United States District Court, D. Colorado

September 19, 2017

CATHLEEN CARMODY, Plaintiffs,
v.
SHERIFF MIKE ENSMINGER, in his individual and official capacities, UNDERSHERIFF STANLEY BISHOP, in his individual capacity, CORPORAL FRANK SCOFIELD, in his individual capacity, DEPUTY ERIC VOIGT, in his individual capacity, CORRECTIONAL HEALTHCARE MANAGEMENT, INC., CORRECTIONAL HEALTHCARE COMPANIES, INC., CORRECT CARE SOLUTIONS, LLC, and NURSE SUSAN CAMPBELL in her individual capacity, Defendants.

          ORDER

          Philip A. Brimmer, United States District Judge

         This matter is before the Court on County Defendants' Motion for Partial Dismissal [Docket No. 26] filed by Defendants Sheriff Mike Ensminger, Undersheriff Stanley Bishop, Corporal Frank Scofield, and Deputy Eric Voigt (collectively, “County Defendants”); Correctional Healthcare Management, Inc.; Correctional Healthcare Companies, Inc.; and Correct Care Solutions, LLC's Motion to Dismiss in Lieu of Answer [Docket No. 28]; and Nurse Sue's Motion to Dismiss in Lieu of Answer [Docket No. 29] filed by defendant Nurse Susan Campbell.[1] The Court has jurisdiction pursuant to 28 U.S.C. § 1331.

         I. BACKGROUND[2]

         This suit arises from plaintiff Cathleen Carmody's fall while in custody at Teller County Detention Center. In September 2014, when plaintiff was sixty-three years old, she had hip replacement surgery. Docket No. 38 at 6, ¶ 24. Because of the surgery, plaintiff was told by her doctor to use a walker to aid her balance until she no longer needed it. Id., ¶ 25.

         On October 23, 2014, plaintiff was arrested for an alleged probation violation.
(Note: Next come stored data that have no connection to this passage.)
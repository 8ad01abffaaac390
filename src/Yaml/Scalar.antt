-- ===== src/Yaml/Scalar.antt =====
-- .trellis/scripts/common/trellis_config.py: the helpers that look at one line or one value.
use taihu.Base.{
  ℕ, ◌+◌, ◌-◌, Bool, true, false, not, ◌&&◌, ◌||◌, Option, none, some, List, [], ◌∷◌, leb, eqb,
  if◌then◌else◌, Text, lit, ◌==◌, is_space, lstrip, strip, starts_with, last, init, is_empty, all,
  length,
}

-- `value[0] in ('"', "'")`
unfoldable pub is_quote : ℕ → Bool
is_quote c = eqb c b'"' || eqb c 39

-- `len(value) >= 2 and value[0] == value[-1] and value[0] in ('"', "'")`
unfoldable pub is_quoted : Text → Bool
unfolding is_quote last
is_quoted [] = false
is_quoted (c ∷ []) = false
is_quoted (c ∷ d ∷ s) = eqb c (last d s) && is_quote c

unfoldable pub unquote : Text → Text
unfolding is_quoted init
unquote [] = []
unquote (c ∷ s) = if is_quoted (c ∷ s) then init s else c ∷ s

-- `in_quote` after the character `ch`.
unfoldable pub next_quote : Option ℕ → ℕ → Option ℕ
unfolding is_quote
next_quote none ch = if is_quote ch then some ch else none
next_quote (some q) ch = if eqb ch q then none else some q

-- The test that ends the value: a `#` outside quotes, at the start or behind white space.
unfoldable pub opens_comment : Option ℕ → Option ℕ → ℕ → Bool
unfolding is_space
opens_comment previous (some q) ch = false
opens_comment none none ch = eqb ch b'#'
opens_comment (some p) none ch = eqb ch b'#' && is_space p

-- The loop, from the character behind `previous` on.
unfoldable pub strip_comment_from : Option ℕ → Option ℕ → Text → Text
unfolding opens_comment next_quote
strip_comment_from previous in_quote [] = []
strip_comment_from previous in_quote (ch ∷ value) =
    let rest = strip_comment_from (some ch) (next_quote in_quote ch) value in
    if opens_comment previous in_quote ch then [] else ch ∷ rest

unfoldable pub strip_inline_comment : Text → Text
unfolding strip_comment_from
strip_inline_comment = strip_comment_from none none

unfoldable pub stripped : Text → Text
unfolding strip
stripped = strip is_space

-- `len(line) - len(line.lstrip())`
unfoldable pub indent_of : Text → ℕ
unfolding lstrip
indent_of line = length line - length (lstrip is_space line)

-- `not stripped or stripped.startswith("#")`
unfoldable pub is_blank_or_comment : Text → Bool
is_blank_or_comment [] = true
is_blank_or_comment (c ∷ s) = eqb c b'#'

unfoldable pub is_item : Text → Bool
unfolding starts_with
is_item line = starts_with line (lit "- ")

-- The first line with content, if one is left.
unfoldable pub next_content_line : List Text → Option Text
unfolding stripped is_blank_or_comment
next_content_line [] = none
next_content_line (line ∷ lines) =
    let later = next_content_line lines in
    if is_blank_or_comment (stripped line) then later else some line

abbrev is_indicator : ℕ → Bool
is_indicator ch = eqb ch b'+' || eqb ch b'-' || (leb b'0' ch && leb ch b'9')

unfoldable pub is_block_scalar : Text → Bool
is_block_scalar [] = false
is_block_scalar (c ∷ s) = (eqb c b'|' || eqb c b'>') && all is_indicator s

pub data Reason : Type 0 where
  merge_key block_scalar anchor alias flow_sequence flow_mapping mapping_in_list : Reason

-- What the first character of a value says.
unfoldable pub marker_reason : Text → Option Reason
marker_reason [] = none
marker_reason (c ∷ s) =
    if eqb c b'&'
    then some anchor
    else if eqb c b'*'
    then some alias
    else if eqb c b'['
    then some flow_sequence
    else if eqb c b'{'
    then some flow_mapping
    else none

unfoldable pub unsupported_value : Text → Text → Option Reason
unfolding is_block_scalar marker_reason ◌==◌
unsupported_value key value =
    if key == lit "<<"
    then some merge_key
    else if is_block_scalar value
    then some block_scalar
    else marker_reason value

-- The lines behind a rejected key that are blank or indented deeper, and how many they are.
unfoldable pub skip_indented_body : ℕ → List Text → List Text × ℕ
unfolding stripped indent_of
skip_indented_body indent [] = ([], 0)
skip_indented_body indent (line ∷ lines) =
    let (rest, n) = skip_indented_body indent lines in
    if not (is_empty (stripped line)) && leb (indent_of line) indent
    then (line ∷ lines, 0)
    else (rest, n + 1)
Docket No. 38 at 6, ¶ 26. After appearing in court, plaintiff was taken to Teller County Detention Center. Id. The detention center is run by defendants Sheriff Mike Ensminger and Undersheriff Stanley Bishop, who set policy for the facility and determined the training of prison officials. Id. at 15, ¶ 79 and at 16, ¶¶ 82-83. Teller County had a contract with defendants Correctional Healthcare Management, Inc., Correctional Healthcare Companies, Inc., and Correct Care Solutions, LLC (collectively “CCS Defendants”) to provide medical staff and services at the detention center, including training of prison staff regarding medical care. Id. at 4-5, ¶¶ 17-21 and at 16, ¶ 81. At facilities that contract with CCS Defendants, including Teller County Detention Center, numerous inmates have suffered injuries as a result of inadequate medical care. Id. at 11-14, ¶¶ 58-69.
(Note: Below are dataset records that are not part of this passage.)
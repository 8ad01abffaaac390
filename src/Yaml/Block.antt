-- ===== src/Yaml/Block.antt =====
-- .trellis/scripts/common/trellis_config.py: `_parse_yaml_block` and `parse_simple_yaml`.
-- `rest` is `lines[i:]`. `i` itself is kept for the warnings.
use taihu.Base.{
  ℕ, zero, suc, ◌+◌, Bool, false, not, ◌||◌, Option, none, some, List, [], ◌∷◌, ◌++◌, ltb,
  if◌then◌else◌, Text, ◌==◌, partition, splitlines, length, is_empty, drop,
}
use taihu.Yaml.Scalar.{
  is_quoted, unquote, strip_inline_comment, stripped, indent_of, is_blank_or_comment, is_item,
  next_content_line, Reason, mapping_in_list, unsupported_value, skip_indented_body,
}

mutual
  pub data Yaml : Type 0 where
    str : Text → Yaml
    seq : List Text → Yaml
    dict : Entries → Yaml

  -- A dict, in insertion order.
  pub data Entries : Type 0 where
    end : Entries
    entry : Text → Yaml → Entries → Entries

-- `target[key] = value`
unfoldable pub assign : Text → Yaml → Entries → Entries
assign key value end = entry key value end
assign key value (entry k v d) =
    if k == key then entry k value d else entry k v (assign key value d)

unfoldable pub extend : Text → Yaml → Yaml
extend item (seq items) = seq (items ++ (item ∷ []))
extend item other = other

-- `current_list.append(item)`, where `target[key]` is `current_list`.
unfoldable pub append_item : Text → Text → Entries → Entries
append_item key item end = end
append_item key item (entry k v d) =
    if k == key then entry k (extend item v) d else entry k v (append_item key item d)

pub record Warning : Type 0 where
  pub lineno : ℕ
  pub line : Text
  pub reason : Reason

-- The local variables of the loop, with what went to stderr. `current` is `current_list`, by the key
-- that holds it, with `list_owner_indent`.
pub record State : Type 0 where
  pub i : ℕ
  pub current : Option (Text × ℕ)
  pub target : Entries
  pub warnings : List Warning

-- What one round of the loop does.
pub data Step : Type 0 where
  leave : Step
  go_on : List Text → State → Step
  descend : Text → ℕ → List Text → State → Step

unfoldable pub warn : Text → Reason → State → State
warn line reason s = record s {
  warnings = s.warnings ++ (record { lineno = s.i + 1; line = line; reason = reason } ∷ []);
}

unfoldable pub forward : ℕ → State → State
forward n s = record s { i = s.i + n }

abbrev pub clear : State → State
clear s = record s { current = none }

abbrev pub put : Text → Yaml → State → State
put key value s = record s { target = assign key value s.target }

-- A key with no value on its line: what the next content line makes of it.
unfoldable pub open_key : Text → ℕ → List Text → State → Option Text → Step
open_key key indent rest s none = go_on [] (forward (length rest + 1) (put key (dict end) s))
open_key key indent rest s (some next_line) =
    if is_item (stripped next_line)
    then go_on rest (forward 1 (put key (seq []) (record s { current = some (key, indent) })))
    else if ltb indent (indent_of next_line)
    then descend key (indent_of next_line) rest (forward 1 (put key (dict end) s))
    else go_on rest (forward 1 (put key (dict end) s))

unfoldable pub store : Text → Text → ℕ → List Text → State → Step
store key value indent rest s =
    if not (is_empty (unquote value)) || is_quoted value
    then go_on rest (forward 1 (put key (str (unquote value)) s))
    else open_key key indent rest s (next_content_line rest)

abbrev pub reject : Reason → ℕ → Text → List Text → State → Step
reject reason indent line rest s =
    let (rest', n) = skip_indented_body indent rest in
    go_on rest' (forward (n + 1) (clear (warn line reason s)))

unfoldable pub pair : Text → Text → ℕ → Text → List Text → State → Step
pair key value indent line rest s =
    if is_quoted value
    then store key value indent rest (clear s)
    else elim (unsupported_value key value) [
      | some reason ↦ reject reason indent line rest s
      | none ↦ store key value indent rest (clear s)
    ]

-- `current_list is not None and indent > list_owner_indent`
unfoldable pub inside_item : Option (Text × ℕ) → ℕ → Bool
inside_item none indent = false
inside_item (some (key, owner)) indent = ltb owner indent

unfoldable pub take_item : Option (Text × ℕ) → Text → State → State
take_item none item s = s
take_item (some (key, owner)) item s = record s { target = append_item key item s.target }

-- The branches on a line with content that belongs to the block.
unfoldable pub content : ℕ → Text → List Text → State → Step
content indent line rest s =
    let body = stripped line in
    let (key, value) = partition b':' body in
    if is_item body
    then go_on rest (forward 1 (take_item s.current (unquote (stripped (drop 2 body))) s))
    else elim value [
      | none ↦ go_on rest (forward 1 s)
      | some v ↦
          if inside_item s.current indent
          then go_on rest (forward 1 (warn line mapping_in_list s))
          else pair (stripped key) (stripped (strip_inline_comment v)) indent line rest s
    ]

unfoldable pub step : ℕ → Text → List Text → State → Step
step min_indent line rest s =
    if is_blank_or_comment (stripped line)
    then go_on rest (forward 1 s)
    else if ltb (indent_of line) min_indent
    then leave
    else content (indent_of line) line rest s

-- The start of a nested call, and the return from it.
abbrev pub nested : State → State
nested s = record { i = s.i; current = none; target = end; warnings = s.warnings }

abbrev pub attach : Text → State → State → State
attach key outer inner = record {
  i = inner.i;
  current = outer.current;
  target = assign key (dict inner.target) outer.target;
  warnings = inner.warnings;
}

abbrev pub Parser : Type 0
Parser = ℕ → List Text → State → Option (List Text × State)

-- What `parse` does after the nested call that `key` opened.
unfoldable pub resume :
    Parser → ℕ → Text → State → Option (List Text × State) → Option (List Text × State)
resume parse min_indent key outer none = none
resume parse min_indent key outer (some (rest, inner)) =
    parse min_indent rest (attach key outer inner)

unfoldable pub run : Parser → ℕ → List Text → State → Step → Option (List Text × State)
run parse min_indent lines s leave = some (lines, s)
run parse min_indent lines s (go_on rest s') = parse min_indent rest s'
run parse min_indent lines s (descend key indent rest s') =
    resume parse min_indent key s' (parse indent rest (nested s'))

-- The loop and the nested calls on fuel; `none` means that the fuel ran out.
unfoldable pub parse_block : ℕ → Parser
parse_block zero min_indent lines s = none
parse_block (suc fuel) min_indent [] s = some ([], s)
parse_block (suc fuel) min_indent (line ∷ rest) s =
    run (parse_block fuel) min_indent (line ∷ rest) s (step min_indent line rest s)

abbrev pub start : State
start = record { i = 0; current = none; target = end; warnings = [] }

-- The top-level call; `unfinished` stands for fuel that ran out, which never happens.
pub data Parsed : Type 0 where
  unfinished : Parsed
  parsed : Entries → List Warning → Parsed

abbrev pub result_of : Option (List Text × State) → Parsed
result_of none = unfinished
result_of (some (rest, s)) = parsed s.target s.warnings

unfoldable pub parse_lines : List Text → Parsed
parse_lines lines = result_of (parse_block (suc (length lines)) 0 lines start)

-- The line opens all that a run of the parser calls.
unfoldable pub parse_simple_yaml : Text → Parsed
unfolding parse_lines parse_block run resume step content pair store open_key inside_item take_item
    append_item extend assign forward warn splitlines partition ◌==◌ is_quoted unquote
    strip_inline_comment stripped indent_of is_blank_or_comment is_item next_content_line
    unsupported_value skip_indented_body
parse_simple_yaml content = parse_lines (splitlines content)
         When plaintiff arrived at the detention center for processing, defendant Corporal Frank Scofield approached plaintiff and, ignoring plaintiff's protests and inability to walk on her own, took away plaintiff's walker and told her that she was going to have to do without it. Id. at 6-7, ¶¶ 28-32. During her incarceration, plaintiff was only allowed to use her walker when her attorney visited and for court appearances. Id., ¶ 33. Because of her limited ability to walk, plaintiff stayed in her room most of the time and other inmates brought her food in her room. Id., ¶ 34.

         On October 27, 2014, plaintiff went to the dayroom to watch television and, while attempting to sit down, she lost her balance and fell on her back. Docket No. 38 at 8, ¶¶ 36-37. Defendants Nurse Susan Campbell and Deputy Eric Voigt responded to the scene. Id., ¶ 39. When plaintiff said she needed an ambulance, Nurse Campbell responded, “[w]e don't do that here.” Id., ¶¶ 39-40. Nurse Campbell and Deputy Voigt pulled plaintiff off the floor and took her back to her room. Id., ¶ 41. Nurse Campbell did not perform an examination of plaintiff, but she did give plaintiff more Tylenol. Id., ¶ 42.
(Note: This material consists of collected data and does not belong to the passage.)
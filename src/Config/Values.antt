-- ===== src/Config/Values.antt =====
-- .trellis/scripts/common/config.py: single values with their defaults.
use taihu.Base.{
  ℕ, Bool, true, false, Option, none, some, List, [], ◌∷◌, if◌then◌else◌, Text, lit, ◌==◌, elem,
  lower, strip, is_space, ℤ, pos, negsuc, parse_int,
}
use taihu.Yaml.Block.{
  Yaml, str, seq, dict, Entries, end, entry, unfinished, parsed, parse_simple_yaml,
}

-- `config.get(key)`
unfoldable pub get : Text → Entries → Option Yaml
get key end = none
get key (entry k v d) = if k == key then some v else get key d

-- `_load_config`: `none` stands for a file that cannot be read.
unfoldable pub load_config : Option Text → Entries
load_config none = end
load_config (some content) = elim (parse_simple_yaml content) [ unfinished ↦ end | parsed d w ↦ d ]

abbrev pub true_config_values : List Text
true_config_values = lit "true" ∷ lit "yes" ∷ lit "1" ∷ lit "on" ∷ []

abbrev pub false_config_values : List Text
false_config_values = lit "false" ∷ lit "no" ∷ lit "0" ∷ lit "off" ∷ []

-- `str(value).strip().lower()`, if the value is a text. What `str` makes of a list or a dict begins
-- with a bracket, and is none of the words that the callers test for.
unfoldable pub word_of : Yaml → Option Text
unfolding lower strip is_space
word_of (str s) = some (lower (strip is_space s))
word_of _ = none

-- The flag is set where the function warns.
unfoldable pub coerce_word : Option Text → Bool → Bool × Bool
coerce_word none default = (default, true)
coerce_word (some s) default =
    if elem s true_config_values
    then (true, false)
    else if elem s false_config_values
    then (false, false)
    else (default, true)

unfoldable pub coerce_config_bool : Yaml → Bool → Bool × Bool
coerce_config_bool value default = coerce_word (word_of value) default

unfoldable pub is_true_config_value : Option Yaml → Bool × Bool
is_true_config_value none = (false, false)
is_true_config_value (some value) = coerce_config_bool value false

unfoldable pub get_session_commit_message : Entries → Yaml
get_session_commit_message config = elim (get (lit "session_commit_message") config) [
  | none ↦ str (lit "chore: record journal")
  | some value ↦ value
]

-- `int(value)`, where a list or a dict raises a TypeError.
unfoldable pub int_of : Yaml → Option ℤ
unfolding parse_int
int_of (str s) = parse_int s
int_of _ = none

abbrev pub default_max_journal_lines : ℤ
default_max_journal_lines = pos 2000

unfoldable pub int_or : ℤ → Option Yaml → ℤ
int_or default none = default
int_or default (some value) = elim (int_of value) [ none ↦ default | some n ↦ n ]

unfoldable pub get_max_journal_lines : Entries → ℤ
get_max_journal_lines config =
    int_or default_max_journal_lines (get (lit "max_journal_lines") config)

unfoldable pub bool_or : Bool → Option Yaml → Bool × Bool
bool_or default none = (default, false)
bool_or default (some value) = coerce_config_bool value default

unfoldable pub get_session_auto_commit : Entries → Bool × Bool
get_session_auto_commit config = bool_or true (get (lit "session_auto_commit") config)

pub data DispatchMode : Type 0 where
  auto inline : DispatchMode

unfoldable pub mode_of_word : Option Text → DispatchMode × Bool
mode_of_word none = (inline, true)
mode_of_word (some mode) =
    if mode == lit "auto"
    then (auto, false)
    else if mode == lit "inline"
    then (inline, false)
    else if mode == lit "sub-agent"
    then (auto, false)
    else (inline, true)

unfoldable pub mode_of_setting : Option Yaml → DispatchMode × Bool
mode_of_setting none = (auto, false)
mode_of_setting (some raw) = mode_of_word (word_of raw)

unfoldable pub mode_of_codex : Option Yaml → DispatchMode × Bool
mode_of_codex none = (auto, false)
mode_of_codex (some (dict codex)) = mode_of_setting (get (lit "dispatch_mode") codex)
mode_of_codex (some _) = (inline, true)

unfoldable pub get_codex_dispatch_mode : Entries → DispatchMode × Bool
get_codex_dispatch_mode config = mode_of_codex (get (lit "codex") config)

-- One round of the loop over the limits: the value, and whether it warned.
unfoldable pub limit_of_int : ℕ → Option ℤ → ℕ × Bool
limit_of_int default none = (default, true)
limit_of_int default (some (pos n)) = (n, false)
limit_of_int default (some (negsuc n)) = (default, true)

unfoldable pub limit_of : ℕ → Option Yaml → ℕ × Bool
limit_of default none = (default, false)
limit_of default (some raw) = limit_of_int default (int_of raw)

pub record Limits : Type 0 where
  pub max_file_bytes : ℕ × Bool
  pub max_artifact_bytes : ℕ × Bool
  pub max_total_bytes : ℕ × Bool

unfoldable pub limits_of_section : Option Yaml → Limits
limits_of_section (some (dict section)) = record {
  max_file_bytes = limit_of 32768 (get (lit "max_file_bytes") section);
  max_artifact_bytes = limit_of 65536 (get (lit "max_artifact_bytes") section);
  max_total_bytes = limit_of 131072 (get (lit "max_total_bytes") section);
}
limits_of_section _ = record {
  max_file_bytes = (32768, false);
  max_artifact_bytes = (65536, false);
  max_total_bytes = (131072, false);
}

unfoldable pub get_context_injection_limits : Entries → Limits
get_context_injection_limits config = limits_of_section (get (lit "context_injection") config)

abbrev pub default_skip_keyword : Text
default_skip_keyword = lit "no-trellis"

unfoldable pub keyword_of : Option Yaml → Text
keyword_of (some (str raw)) = raw
keyword_of _ = default_skip_keyword

unfoldable pub skip_keyword_of : Option Yaml → Text
skip_keyword_of (some (dict section)) = keyword_of (get (lit "skip_keyword") section)
skip_keyword_of _ = default_skip_keyword

-- The one entry of the dict that `get_prompt_injection_config` returns.
unfoldable pub get_prompt_injection_config : Entries → Text
get_prompt_injection_config config = skip_keyword_of (get (lit "prompt_injection") config)

unfoldable pub commands_of : Option Yaml → List Text × Bool
commands_of none = ([], false)
commands_of (some (seq commands)) = (commands, false)
commands_of (some _) = ([], true)

unfoldable pub hooks_of : Text → Option Yaml → List Text × Bool
hooks_of event none = ([], false)
hooks_of event (some (dict hooks)) = commands_of (get event hooks)
hooks_of event (some _) = ([], true)

unfoldable pub get_hooks : Text → Entries → List Text × Bool
get_hooks event config = hooks_of event (get (lit "hooks") config)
         Plaintiff suffered constant, severe pain for the remainder of her incarceration. Docket No. 38 at 9, ¶ 43. On November 5, 2014, plaintiff was ordered released and, the next day, she was discharged from custody. Id., ¶¶ 45-47. Plaintiff continues to suffer chronic back pain that is only partially relieved with morphine. Id. at 10, ¶ 54.

         On October 19, 2016, plaintiff filed her complaint. She brings three claims under 42 U.S.C. § 1983 for deliberate indifference to her serious medical needs in violation of the Fourteenth Amendment and one claim under Title II of the Americans With Disabilities Act (“ADA”) denying plaintiff a reasonable accommodation by allowing her to use her walker. Docket No. 1. On December 23, 2016, County Defendants filed a motion to dismiss all claims against them except for the claims against Corporal Scofield. Docket No. 26. On January 9, 2017, CCS Defendants filed their motion to dismiss the claims against them for failing to state a claim. Docket No. 28. Nurse Campbell filed a motion to dismiss on the basis of qualified immunity. Docket No. 29.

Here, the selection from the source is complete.